Word for word, set down the entries that follow.
══════
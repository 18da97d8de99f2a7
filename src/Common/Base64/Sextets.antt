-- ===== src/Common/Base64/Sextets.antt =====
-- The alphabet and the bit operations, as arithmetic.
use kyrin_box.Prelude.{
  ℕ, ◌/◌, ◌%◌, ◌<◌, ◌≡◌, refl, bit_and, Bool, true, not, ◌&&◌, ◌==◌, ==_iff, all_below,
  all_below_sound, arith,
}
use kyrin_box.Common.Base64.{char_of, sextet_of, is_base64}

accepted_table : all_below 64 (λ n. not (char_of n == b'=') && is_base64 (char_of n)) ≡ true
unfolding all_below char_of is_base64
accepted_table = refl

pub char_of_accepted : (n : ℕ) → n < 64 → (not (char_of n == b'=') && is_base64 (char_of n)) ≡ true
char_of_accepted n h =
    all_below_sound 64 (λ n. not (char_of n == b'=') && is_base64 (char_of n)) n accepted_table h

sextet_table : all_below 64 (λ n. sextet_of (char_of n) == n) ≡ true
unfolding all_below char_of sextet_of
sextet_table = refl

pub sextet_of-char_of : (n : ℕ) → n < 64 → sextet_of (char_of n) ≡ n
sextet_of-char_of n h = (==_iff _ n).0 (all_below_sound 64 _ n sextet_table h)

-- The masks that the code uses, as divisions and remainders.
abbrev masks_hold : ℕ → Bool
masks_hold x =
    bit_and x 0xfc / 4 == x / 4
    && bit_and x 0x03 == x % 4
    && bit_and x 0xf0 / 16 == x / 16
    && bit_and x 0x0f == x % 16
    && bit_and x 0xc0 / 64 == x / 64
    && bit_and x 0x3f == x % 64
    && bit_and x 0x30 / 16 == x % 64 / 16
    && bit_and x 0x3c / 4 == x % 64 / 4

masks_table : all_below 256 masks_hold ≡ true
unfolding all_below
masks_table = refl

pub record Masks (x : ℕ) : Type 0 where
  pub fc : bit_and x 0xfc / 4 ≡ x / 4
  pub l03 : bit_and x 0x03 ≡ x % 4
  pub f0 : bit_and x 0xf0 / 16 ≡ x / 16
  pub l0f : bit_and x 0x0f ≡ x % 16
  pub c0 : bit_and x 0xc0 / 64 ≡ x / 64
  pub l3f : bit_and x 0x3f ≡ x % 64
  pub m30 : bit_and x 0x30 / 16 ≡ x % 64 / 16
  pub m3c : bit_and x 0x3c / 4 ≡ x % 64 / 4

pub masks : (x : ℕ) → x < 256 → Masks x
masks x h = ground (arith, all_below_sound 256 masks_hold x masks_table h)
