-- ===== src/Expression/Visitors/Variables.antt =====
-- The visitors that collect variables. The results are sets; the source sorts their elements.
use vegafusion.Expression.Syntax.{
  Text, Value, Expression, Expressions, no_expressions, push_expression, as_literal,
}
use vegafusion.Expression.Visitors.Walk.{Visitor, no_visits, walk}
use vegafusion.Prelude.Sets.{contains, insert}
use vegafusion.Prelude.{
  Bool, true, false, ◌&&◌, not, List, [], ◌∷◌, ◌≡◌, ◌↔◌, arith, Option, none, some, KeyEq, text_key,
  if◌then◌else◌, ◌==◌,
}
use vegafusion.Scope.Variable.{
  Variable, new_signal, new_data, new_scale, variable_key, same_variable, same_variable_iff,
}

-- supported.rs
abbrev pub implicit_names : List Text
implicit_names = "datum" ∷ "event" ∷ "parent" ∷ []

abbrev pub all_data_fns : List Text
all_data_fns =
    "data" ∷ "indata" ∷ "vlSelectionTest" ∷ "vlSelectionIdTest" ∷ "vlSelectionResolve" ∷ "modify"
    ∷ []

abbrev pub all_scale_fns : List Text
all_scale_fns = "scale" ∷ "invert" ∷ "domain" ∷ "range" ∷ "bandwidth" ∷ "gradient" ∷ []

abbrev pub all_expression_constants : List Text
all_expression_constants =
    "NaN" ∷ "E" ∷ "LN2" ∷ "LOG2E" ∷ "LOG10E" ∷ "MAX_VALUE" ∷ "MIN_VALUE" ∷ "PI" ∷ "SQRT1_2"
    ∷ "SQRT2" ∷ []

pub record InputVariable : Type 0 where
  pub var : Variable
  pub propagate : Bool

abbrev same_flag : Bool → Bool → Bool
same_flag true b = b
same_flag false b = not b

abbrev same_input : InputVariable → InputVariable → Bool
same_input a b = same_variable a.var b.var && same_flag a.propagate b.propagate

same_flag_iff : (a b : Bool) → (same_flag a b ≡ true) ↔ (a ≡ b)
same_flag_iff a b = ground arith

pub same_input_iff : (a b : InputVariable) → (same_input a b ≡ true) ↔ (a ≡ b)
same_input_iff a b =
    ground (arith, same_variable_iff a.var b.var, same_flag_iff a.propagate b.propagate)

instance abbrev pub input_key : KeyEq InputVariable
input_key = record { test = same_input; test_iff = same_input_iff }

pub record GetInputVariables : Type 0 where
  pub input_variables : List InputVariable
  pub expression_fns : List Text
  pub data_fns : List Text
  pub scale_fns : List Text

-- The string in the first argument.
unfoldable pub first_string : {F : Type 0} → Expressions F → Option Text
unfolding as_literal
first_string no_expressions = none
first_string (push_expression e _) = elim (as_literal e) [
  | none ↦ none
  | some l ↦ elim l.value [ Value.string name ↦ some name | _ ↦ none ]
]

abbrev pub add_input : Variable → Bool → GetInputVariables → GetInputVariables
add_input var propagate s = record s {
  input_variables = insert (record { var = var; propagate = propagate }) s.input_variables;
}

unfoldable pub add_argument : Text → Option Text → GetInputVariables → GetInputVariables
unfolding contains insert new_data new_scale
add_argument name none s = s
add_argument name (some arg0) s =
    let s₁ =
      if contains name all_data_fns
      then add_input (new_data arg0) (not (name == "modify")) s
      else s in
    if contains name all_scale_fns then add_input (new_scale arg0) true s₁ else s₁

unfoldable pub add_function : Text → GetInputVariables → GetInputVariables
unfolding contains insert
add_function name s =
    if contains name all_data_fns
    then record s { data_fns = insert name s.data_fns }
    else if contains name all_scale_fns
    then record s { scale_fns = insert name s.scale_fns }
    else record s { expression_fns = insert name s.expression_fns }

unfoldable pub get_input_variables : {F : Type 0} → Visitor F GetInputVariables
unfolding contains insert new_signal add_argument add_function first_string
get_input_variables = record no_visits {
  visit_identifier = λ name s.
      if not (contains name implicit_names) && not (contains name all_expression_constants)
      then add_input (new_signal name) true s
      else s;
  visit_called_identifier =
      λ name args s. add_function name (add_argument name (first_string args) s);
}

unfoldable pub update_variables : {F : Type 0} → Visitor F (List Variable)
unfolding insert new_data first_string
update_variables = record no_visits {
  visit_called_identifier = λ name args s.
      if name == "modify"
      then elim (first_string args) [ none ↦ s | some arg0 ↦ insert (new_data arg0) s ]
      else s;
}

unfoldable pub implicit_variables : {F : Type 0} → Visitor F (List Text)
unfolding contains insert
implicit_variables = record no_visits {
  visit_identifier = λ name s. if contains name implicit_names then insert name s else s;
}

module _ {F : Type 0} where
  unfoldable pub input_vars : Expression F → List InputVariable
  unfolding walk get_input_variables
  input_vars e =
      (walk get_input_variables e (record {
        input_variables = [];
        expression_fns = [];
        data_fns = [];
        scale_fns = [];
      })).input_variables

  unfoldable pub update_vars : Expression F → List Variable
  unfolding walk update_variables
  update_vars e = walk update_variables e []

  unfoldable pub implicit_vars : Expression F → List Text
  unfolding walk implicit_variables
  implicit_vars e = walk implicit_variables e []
══════
Response box =
repository 18da97d8de99f2a7
filename src/Common/Base64/Sextets.antt
-- ===== src/Common/Base64/Sextets.antt =====
-- The alphabet and the bit operations, as arithmetic.
use kyrin_box.Prelude.{
  ℕ, ◌/◌, ◌%◌, ◌<◌, ◌≡◌, refl, bit_and, Bool, true, not, ◌&&◌, ◌==◌, ==_iff, all_below,
  all_below_sound, arith,
}
use kyrin_box.Common.Base64.{char_of, sextet_of, is_base64}

accepted_table : all_below 64 (λ n. not (char_of n == b'=') && is_base64 (char_of n)) ≡ true
unfolding all_below char_of is_base64
accepted_table = refl

pub char_of_accepted : (n : ℕ) → n < 64 → (not (char_of n == b'=') && is_base64 (char_of n)) ≡ true
char_of_accepted n h =
    all_below_sound 64 (λ n. not (char_of n == b'=') && is_base64 (char_of n)) n accepted_table h

sextet_table : all_below 64 (λ n. sextet_of (char_of n) == n) ≡ true
unfolding all_below char_of sextet_of
sextet_table = refl

pub sextet_of-char_of : (n : ℕ) → n < 64 → sextet_of (char_of n) ≡ n
sextet_of-char_of n h = (==_iff _ n).0 (all_below_sound 64 _ n sextet_table h)

-- The masks that the code uses, as divisions and remainders.
abbrev masks_hold : ℕ → Bool
masks_hold x =
    bit_and x 0xfc / 4 == x / 4
    && bit_and x 0x03 == x % 4
    && bit_and x 0xf0 / 16 == x / 16
    && bit_and x 0x0f == x % 16
    && bit_and x 0xc0 / 64 == x / 64
    && bit_and x 0x3f == x % 64
    && bit_and x 0x30 / 16 == x % 64 / 16
    && bit_and x 0x3c / 4 == x % 64 / 4

masks_table : all_below 256 masks_hold ≡ true
unfolding all_below
masks_table = refl

pub record Masks (x : ℕ) : Type 0 where
  pub fc : bit_and x 0xfc / 4 ≡ x / 4
  pub l03 : bit_and x 0x03 ≡ x % 4
  pub f0 : bit_and x 0xf0 / 16 ≡ x / 16
  pub l0f : bit_and x 0x0f ≡ x % 16
  pub c0 : bit_and x 0xc0 / 64 ≡ x / 64
  pub l3f : bit_and x 0x3f ≡ x % 64
  pub m30 : bit_and x 0x30 / 16 ≡ x % 64 / 16
  pub m3c : bit_and x 0x3c / 4 ≡ x % 64 / 4

pub masks : (x : ℕ) → x < 256 → Masks x
masks x h = ground (arith, all_below_sound 256 masks_hold x masks_table h)
-- ===== src/Expression/Visitors/Variables.antt =====
-- The visitors that collect variables. The results are sets; the source sorts their elements.
use vegafusion.Expression.Syntax.{
  Text, Value, Expression, Expressions, no_expressions, push_expression, as_literal,
}
use vegafusion.Expression.Visitors.Walk.{Visitor, no_visits, walk}
use vegafusion.Prelude.Sets.{contains, insert}
use vegafusion.Prelude.{
  Bool, true, false, ◌&&◌, not, List, [], ◌∷◌, ◌≡◌, ◌↔◌, arith, Option, none, some, KeyEq, text_key,
  if◌then◌else◌, ◌==◌,
}
use vegafusion.Scope.Variable.{
  Variable, new_signal, new_data, new_scale, variable_key, same_variable, same_variable_iff,
}

-- supported.rs
abbrev pub implicit_names : List Text
implicit_names = "datum" ∷ "event" ∷ "parent" ∷ []

abbrev pub all_data_fns : List Text
all_data_fns =
    "data" ∷ "indata" ∷ "vlSelectionTest" ∷ "vlSelectionIdTest" ∷ "vlSelectionResolve" ∷ "modify"
    ∷ []

abbrev pub all_scale_fns : List Text
all_scale_fns = "scale" ∷ "invert" ∷ "domain" ∷ "range" ∷ "bandwidth" ∷ "gradient" ∷ []

abbrev pub all_expression_constants : List Text
all_expression_constants =
    "NaN" ∷ "E" ∷ "LN2" ∷ "LOG2E" ∷ "LOG10E" ∷ "MAX_VALUE" ∷ "MIN_VALUE" ∷ "PI" ∷ "SQRT1_2"
    ∷ "SQRT2" ∷ []

pub record InputVariable : Type 0 where
  pub var : Variable
  pub propagate : Bool

abbrev same_flag : Bool → Bool → Bool
same_flag true b = b
same_flag false b = not b

abbrev same_input : InputVariable → InputVariable → Bool
same_input a b = same_variable a.var b.var && same_flag a.propagate b.propagate

same_flag_iff : (a b : Bool) → (same_flag a b ≡ true) ↔ (a ≡ b)
same_flag_iff a b = ground arith

pub same_input_iff : (a b : InputVariable) → (same_input a b ≡ true) ↔ (a ≡ b)
same_input_iff a b =
    ground (arith, same_variable_iff a.var b.var, same_flag_iff a.propagate b.propagate)

instance abbrev pub input_key : KeyEq InputVariable
input_key = record { test = same_input; test_iff = same_input_iff }

pub record GetInputVariables : Type 0 where
  pub input_variables : List InputVariable
  pub expression_fns : List Text
  pub data_fns : List Text
  pub scale_fns : List Text

-- The string in the first argument.
unfoldable pub first_string : {F : Type 0} → Expressions F → Option Text
unfolding as_literal
first_string no_expressions = none
first_string (push_expression e _) = elim (as_literal e) [
  | none ↦ none
  | some l ↦ elim l.value [ Value.string name ↦ some name | _ ↦ none ]
]

abbrev pub add_input : Variable → Bool → GetInputVariables → GetInputVariables
add_input var propagate s = record s {
  input_variables = insert (record { var = var; propagate = propagate }) s.input_variables;
}

unfoldable pub add_argument : Text → Option Text → GetInputVariables → GetInputVariables
unfolding contains insert new_data new_scale
add_argument name none s = s
add_argument name (some arg0) s =
    let s₁ =
      if contains name all_data_fns
      then add_input (new_data arg0) (not (name == "modify")) s
      else s in
    if contains name all_scale_fns then add_input (new_scale arg0) true s₁ else s₁

unfoldable pub add_function : Text → GetInputVariables → GetInputVariables
unfolding contains insert
add_function name s =
    if contains name all_data_fns
    then record s { data_fns = insert name s.data_fns }
    else if contains name all_scale_fns
    then record s { scale_fns = insert name s.scale_fns }
    else record s { expression_fns = insert name s.expression_fns }

unfoldable pub get_input_variables : {F : Type 0} → Visitor F GetInputVariables
unfolding contains insert new_signal add_argument add_function first_string
get_input_variables = record no_visits {
  visit_identifier = λ name s.
      if not (contains name implicit_names) && not (contains name all_expression_constants)
      then add_input (new_signal name) true s
      else s;
  visit_called_identifier =
      λ name args s. add_function name (add_argument name (first_string args) s);
}

unfoldable pub update_variables : {F : Type 0} → Visitor F (List Variable)
unfolding insert new_data first_string
update_variables = record no_visits {
  visit_called_identifier = λ name args s.
      if name == "modify"
      then elim (first_string args) [ none ↦ s | some arg0 ↦ insert (new_data arg0) s ]
      else s;
}

unfoldable pub implicit_variables : {F : Type 0} → Visitor F (List Text)
unfolding contains insert
implicit_variables = record no_visits {
  visit_identifier = λ name s. if contains name implicit_names then insert name s else s;
}

module _ {F : Type 0} where
  unfoldable pub input_vars : Expression F → List InputVariable
  unfolding walk get_input_variables
  input_vars e =
      (walk get_input_variables e (record {
        input_variables = [];
        expression_fns = [];
        data_fns = [];
        scale_fns = [];
      })).input_variables

  unfoldable pub update_vars : Expression F → List Variable
  unfolding walk update_variables
  update_vars e = walk update_variables e []

  unfoldable pub implicit_vars : Expression F → List Text
  unfolding walk implicit_variables
  implicit_vars e = walk implicit_variables e []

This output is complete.